150 gr Butterkekse mit Schokoboden | 1 EL Butter

Für den Belag:

1 kg Erdbeeren | 750 gr Naturjoghurt | 200 gr Sahne | 130 gr Zucker | 1 Päckchen Vanillezucker | etwas Zitronenabrieb | 12 Blatt Gelatine

Für den Boden die Kekse in einem Multizerkleinerer zerhacken. Butter schmelzen und zu den Kekskrümeln geben. In eine Springform geben und fest andrücken. 30 Minuten kalt stellen.

Joghurt mit Zucker, Vanillezucker und Zitronenabrieb verrühren. Sahne steif schlagen und unterheben. In drei Schüsseln zu gleichen Teilen aufteilen.

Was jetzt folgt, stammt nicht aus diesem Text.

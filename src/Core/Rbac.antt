-- ===== src/Core/Rbac.antt =====
-- core/rbac.py: principals, the permissions of each role, and the guards. A UUID is its 128-bit
-- number; a `frozenset` is the list of its members, and is used by `in` alone.
pub mod Authority
mod Examples
use mini_ai_cloud.Prelude.{
  ℕ, ◌≡◌, Bool, true, false, not, ◌&&◌, ◌||◌, Option, none, some, List, [], ◌∷◌, ◌++◌, any, all,
  ◌==◌, leb, if◌then◌else◌, is_none, is_some, Result, ok, err, raise_if,
}
use mini_ai_cloud.Prelude.Text.{String}
use mini_ai_cloud.Core.Enums.{ProjectRole, owner, admin, member, viewer}

pub data PrincipalKind : Type 0 where
  api_key legacy system : PrincipalKind

pub data Permission : Type 0 where
  task_read task_log_read task_create task_cancel_own task_cancel_any usage_read : Permission
  cost_read model_read model_manage secret_use secret_manage api_key_manage : Permission
  quota_manage image_policy_manage membership_manage project_delete audit_read : Permission
  worker_read worker_manage : Permission

permission_index : Permission → ℕ
permission_index task_read = 0
permission_index task_log_read = 1
permission_index task_create = 2
permission_index task_cancel_own = 3
permission_index task_cancel_any = 4
permission_index usage_read = 5
permission_index cost_read = 6
permission_index model_read = 7
permission_index model_manage = 8
permission_index secret_use = 9
permission_index secret_manage = 10
permission_index api_key_manage = 11
permission_index quota_manage = 12
permission_index image_policy_manage = 13
permission_index membership_manage = 14
permission_index project_delete = 15
permission_index audit_read = 16
permission_index worker_read = 17
permission_index worker_manage = 18

unfoldable pub is_among : Permission → List Permission → Bool
unfolding permission_index
is_among p ps = any (λ q. permission_index p == permission_index q) ps

-- `frozenset(Permission)`
abbrev pub every_permission : List Permission
every_permission =
    task_read ∷ task_log_read ∷ task_create ∷ task_cancel_own ∷ task_cancel_any ∷ usage_read
    ∷ cost_read ∷ model_read ∷ model_manage ∷ secret_use ∷ secret_manage ∷ api_key_manage
    ∷ quota_manage ∷ image_policy_manage ∷ membership_manage ∷ project_delete ∷ audit_read
    ∷ worker_read ∷ worker_manage ∷ []

abbrev pub viewer_permissions : List Permission
viewer_permissions = task_read ∷ task_log_read ∷ usage_read ∷ cost_read ∷ model_read ∷ []

abbrev pub member_permissions : List Permission
member_permissions = viewer_permissions ++ (task_create ∷ task_cancel_own ∷ secret_use ∷ [])

abbrev pub admin_permissions : List Permission
admin_permissions =
    member_permissions
    ++ (task_cancel_any ∷ model_manage ∷ secret_manage ∷ api_key_manage ∷ quota_manage
        ∷ image_policy_manage ∷ audit_read ∷ worker_read ∷ worker_manage ∷ [])

pub role_permissions : ProjectRole → List Permission
role_permissions viewer = viewer_permissions
role_permissions member = member_permissions
role_permissions admin = admin_permissions
role_permissions owner = every_permission

pub role_authority : ProjectRole → ℕ
role_authority viewer = 0
role_authority member = 1
role_authority admin = 2
role_authority owner = 3

abbrev pub legacy_permissions : List Permission
legacy_permissions = task_read ∷ task_log_read ∷ task_create ∷ task_cancel_any ∷ worker_read ∷ []

pub record Principal : Type 0 where
  pub kind : PrincipalKind
  pub project_id : Option ℕ
  pub user_id : Option ℕ
  pub api_key_id : Option ℕ
  pub role : Option ProjectRole
  pub key_prefix : Option String

pub data PrincipalError : Type 0 where
  incomplete_api_key_principal legacy_without_project legacy_with_key_data : PrincipalError
  system_with_key_data : PrincipalError

-- `Principal.__post_init__`
pub check_principal : Principal → Result PrincipalError (Unit {0})
check_principal p = elim p.kind [
  | api_key ↦
      raise_if
        (is_none p.project_id
          || is_none p.user_id
          || is_none p.api_key_id
          || is_none p.role
          || is_none p.key_prefix)
        incomplete_api_key_principal
  | legacy ↦
      if is_none p.project_id
      then err legacy_without_project
      else raise_if (is_some p.api_key_id || is_some p.role || is_some p.key_prefix)
          legacy_with_key_data
  | system ↦ raise_if (is_some p.api_key_id || is_some p.key_prefix) system_with_key_data
]

pub permissions_for : Principal → List Permission
unfolding role_permissions
permissions_for p = elim p.kind [
  | system ↦ every_permission
  | legacy ↦ legacy_permissions
  | api_key ↦ elim p.role [ none ↦ [] | some r ↦ role_permissions r ]
]

pub has_permission : Principal → Permission → Bool
unfolding permissions_for is_among
has_permission p permission = is_among permission (permissions_for p)

pub data AccessError : Type 0 where
  permission_denied : Permission → AccessError
  project_access_denied : AccessError

pub require_permission : Principal → Permission → Result AccessError (Unit {0})
unfolding has_permission
require_permission p permission =
    raise_if (not (has_permission p permission)) (permission_denied permission)

-- `principal.project_id == project_id`, where the left side may be `None`.
abbrev pub is_same_id : Option ℕ → ℕ → Bool
is_same_id none j = false
is_same_id (some i) j = i == j

abbrev pub is_system : PrincipalKind → Bool
is_system system = true
is_system _ = false

abbrev pub is_api_key : PrincipalKind → Bool
is_api_key api_key = true
is_api_key _ = false

pub can_access_project : Principal → ℕ → Bool
can_access_project p project_id = is_system p.kind || is_same_id p.project_id project_id

pub require_project_access : Principal → ℕ → Result AccessError (Unit {0})
unfolding can_access_project
require_project_access p project_id =
    raise_if (not (can_access_project p project_id)) project_access_denied

-- `role is not None and _ROLE_AUTHORITY[role] >= _ROLE_AUTHORITY[target]`
role_reaches : Option ProjectRole → ProjectRole → Bool
unfolding role_authority
role_reaches none target = false
role_reaches (some r) target = leb (role_authority target) (role_authority r)

pub can_issue_api_key_for_role : Principal → ProjectRole → Bool
unfolding role_reaches
can_issue_api_key_for_role p target =
    if is_system p.kind then true else is_api_key p.kind && role_reaches p.role target

-- `target is None or caller_authority >= _ROLE_AUTHORITY[target]`
role_allows : ProjectRole → Option ProjectRole → Bool
unfolding role_authority
role_allows caller none = true
role_allows caller (some target) = leb (role_authority target) (role_authority caller)

pub can_manage_membership_roles : Principal → Option ProjectRole → Option ProjectRole → Bool
unfolding role_allows
can_manage_membership_roles p current_role requested_role =
    if is_system p.kind then true else if not (is_api_key p.kind) then false else elim p.role [
      | none ↦ false
      | some caller ↦ role_allows caller current_role && role_allows caller requested_role
    ]

-- `principal.user_id is not None and principal.user_id == submitted_by_user_id`
abbrev pub is_submitter : Option ℕ → Option ℕ → Bool
is_submitter none _ = false
is_submitter (some u) none = false
is_submitter (some u) (some v) = u == v

pub can_cancel_task : Principal → Option ℕ → Bool
unfolding has_permission
can_cancel_task p submitted_by_user_id =
    if has_permission p task_cancel_any
    then true
    else is_submitter p.user_id submitted_by_user_id && has_permission p task_cancel_own
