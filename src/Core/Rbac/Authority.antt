-- ===== src/Core/Rbac/Authority.antt =====
-- What the guards of core/rbac.py guarantee: no principal hands out more than it holds.
use mini_ai_cloud.Prelude.{
  ℕ, ◌≡◌, refl, sym, ◌∙◌, ◌&&◌, ◌≤◌, ◌⊎◌, inl, inr, Bool, true, false, Option, none, some, arith,
  ok, Option-cases, ◌≢◌,
}
use mini_ai_cloud.Core.Enums.{ProjectRole, owner, admin, member, viewer}
use mini_ai_cloud.Core.Rbac.{
  Principal, Permission, PrincipalKind, api_key, legacy, system, is_among, role_permissions,
  role_authority, has_permission, check_principal, can_issue_api_key_for_role,
  can_manage_membership_roles, can_cancel_task, can_access_project, is_submitter,
}

-- A role of higher or equal authority has every permission of the lower one.
pub role_permissions_mono :
    (low high : ProjectRole) (p : Permission)
    → role_authority low ≤ role_authority high
    → is_among p (role_permissions low) ≡ true
    → is_among p (role_permissions high) ≡ true
unfolding role_authority role_permissions is_among
role_permissions_mono viewer viewer p h k = k
role_permissions_mono low high p h k = ground arith

kinds : (k : PrincipalKind) → (k ≡ system) ⊎ (k ≢ system)
kinds system = inl refl
kinds api_key = inr (λ e. cc)
kinds legacy = inr (λ e. cc)

system_holds : (p : Principal) (q : Permission) → p.kind ≡ system → has_permission p q ≡ true
unfolding has_permission
system_holds p q h = ground arith

role_holds :
    (p : Principal) (r : ProjectRole) (q : Permission)
    → p.kind ≡ api_key
    → p.role ≡ some r
    → is_among q (role_permissions r) ≡ has_permission p q
unfolding has_permission
role_holds p r q k e = ground arith

issuer :
    (p : Principal) (target : ProjectRole)
    → p.kind ≢ system
    → can_issue_api_key_for_role p target ≡ true
    → (r : ProjectRole) × (p.kind ≡ api_key)
      × (p.role ≡ some r)
      × (role_authority target ≤ role_authority r)
unfolding can_issue_api_key_for_role
issuer p target other issue = elim (Option-cases p.role) [
  | inl unset ↦ ground arith
  | inr (r, e) ↦ (r, ground arith, e, ground arith)
]

-- A key that a principal may issue for a role has no permission that the principal itself lacks.
pub can_issue_api_key_for_role-no_escalation :
    (p key : Principal) (target : ProjectRole) (permission : Permission)
    → can_issue_api_key_for_role p target ≡ true
    → key.kind ≡ api_key
    → key.role ≡ some target
    → has_permission key permission ≡ true
    → has_permission p permission ≡ true
unfolding can_issue_api_key_for_role
can_issue_api_key_for_role-no_escalation p key target permission issue kind role holds =
    elim (kinds p.kind) [
      | inl s ↦ system_holds p permission s
      | inr other ↦
          let (r, k, e, above) = issuer p target other issue in
          sym (role_holds p r permission k e)
          ∙ role_permissions_mono target r permission above
              (role_holds key target permission kind role ∙ holds)
    ]

-- The two guards agree: a membership may move from one role to another exactly when keys may be
-- issued for both roles.
pub can_manage_membership_roles-issue :
    (p : Principal) (current requested : ProjectRole)
    → can_manage_membership_roles p (some current) (some requested)
      ≡ (can_issue_api_key_for_role p current && can_issue_api_key_for_role p requested)
unfolding can_manage_membership_roles can_issue_api_key_for_role role_authority
can_manage_membership_roles-issue p current requested = ground arith

-- Who may cancel a task, by the kind of principal and, for a key, by its role.
abbrev pub cancel_policy : PrincipalKind → Option ProjectRole → Bool → Bool
cancel_policy system role is_own = true
cancel_policy legacy role is_own = true
cancel_policy api_key none is_own = false
cancel_policy api_key (some owner) is_own = true
cancel_policy api_key (some admin) is_own = true
cancel_policy api_key (some member) is_own = is_own
cancel_policy api_key (some viewer) is_own = false

-- A task is cancelled by the system, by legacy callers, by owners and administrators, and by the
-- member who submitted it; a viewer and a key without a role cancel nothing.
pub can_cancel_task-policy :
    (p : Principal) (submitted_by : Option ℕ)
    → can_cancel_task p submitted_by
      ≡ cancel_policy p.kind p.role (is_submitter p.user_id submitted_by)
unfolding can_cancel_task
can_cancel_task-policy p submitted_by = ground arith

no_project : (p : Principal) → check_principal p ≡ ok tt → p.kind ≢ system → p.project_id ≢ none
unfolding check_principal
no_project p checked kind unset = ground arith

-- A principal that passed its check and is not the system's reaches one project and no other.
pub can_access_project_unique :
    (p : Principal)
    → check_principal p ≡ ok tt
    → p.kind ≢ system
    → (i : ℕ) × (can_access_project p i ≡ true) × ((j : ℕ) → can_access_project p j ≡ true → j ≡ i)
unfolding can_access_project check_principal
can_access_project_unique p checked kind = elim (Option-cases p.project_id) [
  | inl unset ↦ absurd (no_project p checked kind unset)
  | inr (i, e) ↦ (i, ground arith, λ j h. ground arith)
]
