-- ===== src/Core/Rbac/Examples.antt =====
-- Principals of one project against the guards of core/rbac.py.
use mini_ai_cloud.Prelude.{ℕ, ◌≡◌, refl, true, false, none, some, err, arith}
use mini_ai_cloud.Core.Enums.{owner, admin, member, viewer, ProjectRole}
use mini_ai_cloud.Core.Rbac.{
  Principal, api_key, check_principal, incomplete_api_key_principal, is_among, role_permissions,
  role_authority, has_permission, can_issue_api_key_for_role, can_cancel_task,
  can_manage_membership_roles, can_access_project, secret_use, task_create,
}
use mini_ai_cloud.Core.Rbac.Authority.{
  role_permissions_mono, can_issue_api_key_for_role-no_escalation,
  can_manage_membership_roles-issue, can_cancel_task-policy, can_access_project_unique,
}

abbrev key_of : ProjectRole → Principal
key_of r = record {
  kind = api_key;
  project_id = some 7;
  user_id = some 1;
  api_key_id = some 3;
  role = some r;
  key_prefix = some "mac_1234";
}

half_made :
    check_principal (record {
      kind = api_key;
      project_id = some 7;
      user_id = some 1;
      api_key_id = none;
      role = some admin;
      key_prefix = some "mac_1234";
    })
    ≡ err incomplete_api_key_principal
unfolding check_principal
half_made = refl

role_permissions_mono_example : is_among secret_use (role_permissions admin) ≡ true
unfolding role_authority role_permissions is_among
role_permissions_mono_example = role_permissions_mono member admin secret_use (omega arith) refl

can_issue_api_key_for_role-no_escalation_example : has_permission (key_of admin) task_create ≡ true
unfolding can_issue_api_key_for_role has_permission
can_issue_api_key_for_role-no_escalation_example =
    can_issue_api_key_for_role-no_escalation (key_of admin) (key_of member) member task_create refl
      refl refl refl

can_manage_membership_roles-issue_example :
    can_manage_membership_roles (key_of admin) (some member) (some owner) ≡ false
unfolding can_issue_api_key_for_role
can_manage_membership_roles-issue_example =
    can_manage_membership_roles-issue (key_of admin) member owner

can_cancel_task-policy_example : can_cancel_task (key_of member) (some 2) ≡ false
can_cancel_task-policy_example = can_cancel_task-policy (key_of member) (some 2)

can_access_project_unique_example :
    (i : ℕ) × (can_access_project (key_of viewer) i ≡ true)
    × ((j : ℕ) → can_access_project (key_of viewer) j ≡ true → j ≡ i)
unfolding check_principal
can_access_project_unique_example = can_access_project_unique (key_of viewer) refl (λ e. cc)
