-- ===== src/Tests/Boot.antt =====
-- The set-up of the host's memory at concrete inputs.
use hv_sebek.Base.{
  ℕ, ◌-◌, ◌*◌, ◌^◌, ◌<◌, ◌≡◌, ◌⊎◌, refl, sym, subst, arith, Words, List, [], ◌∷◌, map,
}
use hv_sebek.Base.Run.{ok}
use hv_sebek.Alloc.{
  NaiveAllocator, map_alloc, allocated_in_map, is_free_contiguous_region, get_alloc_bitmap_idx,
  get_alloc_bitmap_offset, alloc_pages, alloc_host_pages, fill_words, map_free, and_region,
}
use hv_sebek.Alloc.Marks.{mark}
use hv_sebek.Multiboot.{MemoryMap, MultibootInfo, mmap_start, mmap_size, join}
use hv_sebek.E820.{E820Map, setup_memory_region, get_nr_pages, get_max_pfn}
use hv_sebek.E820.Setup.{entry_of, setup_memory_region_lem}
use hv_sebek.E820.MaxPfn.{Ends, RamPage, get_max_pfn_lem}
use hv_sebek.Memmap.{
  PmemLayout, setup_memory, naive_memmap_init, layout_of, init_host_alloc_bitmap, init_host_entry,
  free_alloc_bitmap_region, page_up, page_down,
}
use hv_sebek.Memmap.Heap.{HeapIsFree}
use hv_sebek.Memmap.Pages.{IsBootInfo, setup_memory-HeapIsFree, alloc_host_pages_outside}

-- RAM below 0xa0000 and from 1 MB up to 0x8200000, with a reserved record between them.
abbrev records : List MemoryMap
records =
    record {
      size = 20;
      base_addr_low = 0;
      base_addr_high = 0;
      length_low = 0xa0000;
      length_high = 0;
      type = 1;
    }
    ∷ record {
      size = 20;
      base_addr_low = 0xa0000;
      base_addr_high = 0;
      length_low = 0x60000;
      length_high = 0;
      type = 2;
    }
    ∷ record {
      size = 20;
      base_addr_low = 0x100000;
      base_addr_high = 0;
      length_low = 0x8100000;
      length_high = 0;
      type = 1;
    }
    ∷ []

abbrev boot_info : MultibootInfo
boot_info = record { flags = 2 ^ 6; mmap_length = 72; mmap = records }

abbrev entries : E820Map
entries =
    record { addr = 0; size = 0xa0000; type = 1 }
    ∷ record { addr = 0xa0000; size = 0x60000; type = 2 }
    ∷ record { addr = 0x100000; size = 0x8100000; type = 1 }
    ∷ []

abbrev stale : Words
stale a = 0x1234

setup_memory_region_lem_example : setup_memory_region boot_info ≡ ok (map entry_of records)
setup_memory_region_lem_example = setup_memory_region_lem boot_info refl (omega arith)

entry_of-records : map entry_of records ≡ entries
unfolding mmap_start mmap_size join
entry_of-records = refl

entries-Ends : Ends entries
entries-Ends = (omega arith, (omega arith, (omega arith, tt)))

get_max_pfn_lem_example :
    ((p : ℕ) → RamPage entries p → p < get_max_pfn entries)
    × ((get_max_pfn entries ≡ 0) ⊎ RamPage entries (get_max_pfn entries - 1))
get_max_pfn_lem_example = get_max_pfn_lem entries entries-Ends

-- The host is given 2 MB.
abbrev two_mb : ℕ
two_mb = 2 ^ 21

abbrev laid : PmemLayout
laid = record {
  max_page = 0x8200;
  total_pages = 0x81a0;
  vmm_pmem_start = 2 ^ 27;
  vmm_heap_start = 0x8102000;
  vmm_pmem_end = 0x81fffff;
  e820 = entries;
}

abbrev set_up : PmemLayout × NaiveAllocator
set_up = (
  laid,
  record {
    alloc_bitmap = init_host_alloc_bitmap laid (fill_words (2 ^ 64 - 1) 1024 0 stale) entries;
    max_page = 0x8200;
  },
)

layout_max_page : (layout_of entries two_mb).max_page ≡ 0x8200
unfolding layout_of get_max_pfn
layout_max_page = refl

naive_memmap_init-set_up : naive_memmap_init stale entries (layout_of entries two_mb) ≡ ok set_up
unfolding naive_memmap_init layout_of page_up get_max_pfn get_nr_pages
naive_memmap_init-set_up = refl

setup_memory-set_up : setup_memory stale boot_info two_mb ≡ ok set_up
unfolding setup_memory
setup_memory-set_up =
    rw (setup_memory_region_lem_example, entry_of-records) naive_memmap_init-set_up

boot_info-IsBootInfo : IsBootInfo boot_info two_mb
boot_info-IsBootInfo = record {
  bytes = refl;
  bytes_fit = omega arith;
  ends = subst (λ (es : E820Map). Ends es) (sym entry_of-records) entries-Ends;
  pages_fit =
      subst (λ (es : E820Map). (layout_of es two_mb).max_page < 2 ^ 52) (sym entry_of-records)
        (omega (arith, layout_max_page));
}

setup_memory-HeapIsFree_example :
    HeapIsFree (map entry_of records) (layout_of (map entry_of records) two_mb) set_up
setup_memory-HeapIsFree_example =
    setup_memory-HeapIsFree stale boot_info two_mb set_up boot_info-IsBootInfo setup_memory-set_up

-- A call with an alignment that leads into the heap.
abbrev one_more : NaiveAllocator
one_more = record { alloc_bitmap = map_alloc set_up.1.alloc_bitmap 0x8140 1; max_page = 0x8200 }

one_found : alloc_host_pages 1 0x8140 set_up.1 ≡ ok (0x8140, one_more)
unfolding alloc_host_pages alloc_pages is_free_contiguous_region allocated_in_map
    get_alloc_bitmap_idx get_alloc_bitmap_offset init_host_alloc_bitmap init_host_entry
    free_alloc_bitmap_region page_up page_down map_free and_region fill_words
one_found = refl

alloc_host_pages_outside_example :
    (b c : NaiveAllocator) × (alloc_host_pages 1 1 set_up.1 ≡ ok (32, b))
    × (alloc_host_pages 1 1 b ≡ ok (32, c))
    × (mark set_up.1.alloc_bitmap 32 ≡ 1)
    × (32 * 4096 < set_up.0.vmm_heap_start)
alloc_host_pages_outside_example =
    alloc_host_pages_outside stale boot_info two_mb set_up boot_info-IsBootInfo setup_memory-set_up
      (omega arith)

500 gr Erdbeeren waschen, putzen und im Mixer pürieren. Durch ein feines Sieb passieren. 1/3 des Erdbeerpürees in eine Schüssel mit Joghurtmasse geben, die restlichen 2/3 in eine weitere. Die dritte Masse bleibt weiss.

4 Blatt Gelatine nach Anweisung auflösen und mit der weissen Joghurtmasse vermischen. Auf dem Keksboden verteilen. Etwa eine Stunde kaltstellen.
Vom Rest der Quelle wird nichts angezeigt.